Comfortable and Furious

Boiling Point (1993)

Johnny Mercer’s song Dream is the theme to James B. Harris film Boiling Point. It could not be more appropriate.

Dream, When you’re feelin’ blue

Dream, That’s the thing to do

Just watch the smoke rings rise in the air

You’ll find your share, Of memories there

Written & Directed by James B. Harris and based on Money Men by Gerald Petievich, T-Man (Ret.)
With: Wesley Snipes as US Treasury Agent Jimmy Mercer, Dennis Hopper as Rudolph “Red” Diamond a conman and counterfeiter. Lolita Davidovich as Vikki Dunbar, a high-priced hooker. Mercer’s girlfriend. Viggo Mortensen as Ronnie, a remorseless killer for Red.
Dan Hedaya as US Treasury Agent Sam Brady, Seymour Cassel as Virgil Leach, 
Jonathan Banks as Max Waxman, corrupt lawyer, also seen in To Live and Die in LA
Christine Elise as Carol, Ronnie’s girl, Tony Lo Bianco as Tony Dio, mob boss holding Red’s marker, Valerie Perrine as Mona, Red’s long-suffering girlfriend and a dreamer herself.

Agent Jimmy Mercer, a divorced father, dreams of a closer relationship with his son. His girlfriend Vikki gave-up on dreams long ago. Red Diamond dreams of one last big score and a life with Mona, who knows dreams seldom come true. Red’s gunsel Ronnie? Who knows what a homicidal sociopath dreams of?

Mercer and Red are linked by two elements:  the crimes Red commits and Mercer’s compulsion to arrest him; and Vikki. Mercer takes her to bed, and Red takes her dancing to the old songs at the Hollywood Palace. People there really dance.

Hollywood is, after all, the dream factory.

Boiling Point is a gritty police procedural. The cop is as obsessed as the crook is desperate. Death isn’t in slow motion but quick and final. Harris’ camera does not shy away, but neither does it dwell on a bloody corpse. He is adept at intercutting three dramatic parallel scenes involving the personal relationships of the main characters.

The good guys win, at the Hollywood Palace, where different dreams come true.
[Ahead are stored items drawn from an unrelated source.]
-- ===== src/Security.antt =====
-- dashboard/app/(officer)/security/page.tsx: the security center.
pub mod Controls
pub mod Page
mod Examples
use secure_vote.Base.{ℕ, String}

pub data ControlCategory : Type 0 where
  prevention detection auditability verification : ControlCategory

-- The literals, where the filter compares them.
abbrev pub control_category_text : ControlCategory → String
control_category_text prevention = "PREVENTION"
control_category_text detection = "DETECTION"
control_category_text auditability = "AUDITABILITY"
control_category_text verification = "VERIFICATION"

pub data ControlStatus : Type 0 where
  active : ControlStatus

pub record SecurityControl : Type 0 where
  pub id : ℕ
  pub category : ControlCategory
  pub name : String
  pub mechanism : String
  pub detection : String
  pub status : ControlStatus

-- A control as it is written down: all are active.
abbrev pub control : ℕ → ControlCategory → String → String → String → SecurityControl
control id category name mechanism found = record {
  id = id;
  category = category;
  name = name;
  mechanism = mechanism;
  detection = found;
  status = active;
}
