-- ===== src/Security/Controls.antt =====
-- dashboard/app/(officer)/security/page.tsx: the sixteen controls.
use secure_vote.Base.{List, [], ◌∷◌}
use secure_vote.Security.{
  SecurityControl, control, prevention, detection, auditability, verification,
}

abbrev control_1 : SecurityControl
control_1 =
    control 1 prevention "Duplicate Session & Double Voting Prevention"
      "Unique DB Constraint on (election_id, voter_credential)"
      "REQUEST REJECTED (HTTP 409) on repeated token presentation"

abbrev control_2 : SecurityControl
control_2 =
    control 2 prevention "Closed-Election Ingestion Guard"
      "FSM State Enforcement in Ballot Ingestion Pipeline"
      "REQUEST REJECTED (HTTP 409) unless election is in OPEN state"

abbrev control_3 : SecurityControl
control_3 =
    control 3 prevention "Message Replay Prevention"
      "Strict Monotonic Sequence Counter per Hardware Unit in EEPROM"
      "REPLAY REJECTED (HTTP 409) if packet sequence <= last_seen"

abbrev control_4 : SecurityControl
control_4 =
    control 4 prevention "Hardware Device Whitelisting"
      "Pre-registered Device Authentication & Revocation Check"
      "ACCESS REJECTED (HTTP 403) for unknown or revoked hardware units"

abbrev control_5 : SecurityControl
control_5 =
    control 5 prevention "Voter Identity-to-Ballot Linkability Prevention"
      "Keyed HMAC-SHA256 Pseudonymization (Zero Raw Biometric/UID Persistence)"
      "RFID AUTHENTICATION != VOTER ELIGIBILITY enforcement"

abbrev control_6 : SecurityControl
control_6 =
    control 6 detection "Physical Enclosure Tamper Detection"
      "Hardware Microswitch + Non-Volatile EEPROM Latch"
      "TAMPER_DETECTED event logged and device placed in SUSPENDED state"

abbrev control_7 : SecurityControl
control_7 =
    control 7 detection "Advisory Anomaly Detection Engine"
      "6 Deterministic Heuristics (Rate bursts, sequence gaps, repeated rejections)"
      "ADVISORY FINDING  -  REQUIRES HUMAN REVIEW (Non-blocking)"

abbrev control_8 : SecurityControl
control_8 =
    control 8 detection "Hardware Telemetry & Heartbeat Liveness"
      "Periodic Status Ping with Sequence Tracking"
      "STATION_DESYNC or OFFLINE alert surfaced in dashboard"

abbrev control_9 : SecurityControl
control_9 =
    control 9 auditability "Append-Only Audit Log Hash Chain"
      "Cryptographic SHA-256 Chaining (Tamper-Evident Historical Record)"
      "AUDIT VERIFICATION FAILED on any historical record deletion or mutation"

abbrev control_10 : SecurityControl
control_10 =
    control 10 auditability "Audit-Root External Anchoring"
      "Cryptographic Root Hash Commitments (External Immutable Proofs)"
      "ANCHOR_MISMATCH on historical tree divergence or fork"

abbrev control_11 : SecurityControl
control_11 =
    control 11 auditability "Presiding Officer Chronological Diary"
      "System & Operational Event Trail (Statutory Rule 49V Analogue)"
      "EVENT_SEQUENCE_GAP alert if expected milestones missing"

abbrev control_12 : SecurityControl
control_12 =
    control 12 verification "Configuration Freezing & Roster Verification"
      "Frozen Candidate Slate SHA-256 Fingerprint in DB & EEPROM"
      "CONFIGURATION HASH MISMATCH on candidate order/name alteration"

abbrev control_13 : SecurityControl
control_13 =
    control 13 verification "Zero-Drift Mathematical Reconciliation"
      "Exact Equation Proof: sum(candidate_votes) == total_ballots == sum(device_votes)"
      "RECONCILIATION FAILURE if delta != 0 across counting tables"

abbrev control_14 : SecurityControl
control_14 =
    control 14 verification "Result Manifest Asymmetric Digital Signing"
      "Ed25519 Elliptic Curve Signatures over Certified Result Manifest"
      "SIGNATURE_INVALID on tampered tallies or untrusted key presentation"

abbrev control_15 : SecurityControl
control_15 =
    control 15 verification "Machine-Verifiable Independent Verifier"
      "Pure Python Verifier on Export Envelope (Database-Disconnected)"
      "Typed 12-point failure codes if mathematical invariants fail"

abbrev control_16 : SecurityControl
control_16 =
    control 16 verification "VVPAT Paper Slip Sample Reconciliation"
      "Mandatory Random 5-Station Paper Slip Audit (Rule 56D Analogue)"
      "SLIP_COUNT_DISCREPANCY flags physical-to-electronic mismatch"

abbrev pub security_controls : List SecurityControl
security_controls =
    control_1 ∷ control_2 ∷ control_3 ∷ control_4 ∷ control_5 ∷ control_6 ∷ control_7 ∷ control_8
    ∷ control_9 ∷ control_10 ∷ control_11 ∷ control_12 ∷ control_13 ∷ control_14 ∷ control_15
    ∷ control_16 ∷ []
James Harris was Stanley Kubrick’s partner in all his early films including The Killing, Paths of Gloryand Lolita. He did some work on the Dr. Strangelove screenplay but left to direct the Cold War thriller The Bedford Incident. It was a good film dealing with nuclear brinksmanship. It was followed a decade later by Some Call it Loving, a little weird for my taste, but what do you expect from a John Collier story?  Then the noir thriller Cop, based on Blood on the Moon, by James Ellroy, with an intense performance by James Wood.

Harris dealt with studio interference with Boiling Point. The attorneys, accounts and other assorted grifters who are in charge of Hollywood have the film sense of the deaf dumb and blind. The “entertainment press” which includes critics and television reviewers, have chosen to award Kubrick cinematic sainthood, even rationalizing snooze-fests like Barry Lyndon and the final bizarre, Eye’s Wide Shut.

When Kubrick died at a far too young age, the Hollywood press rushed to Steven Spielberg for a comment, ignoring his friend and former partner. James B. Harris don’t get no respect. In a world that elevates Bob Dylan to the status of William Butler Yeats and T. S. Eliot, I suppose I should not be surprised.  I can dream about it. Who has the best PR, wins.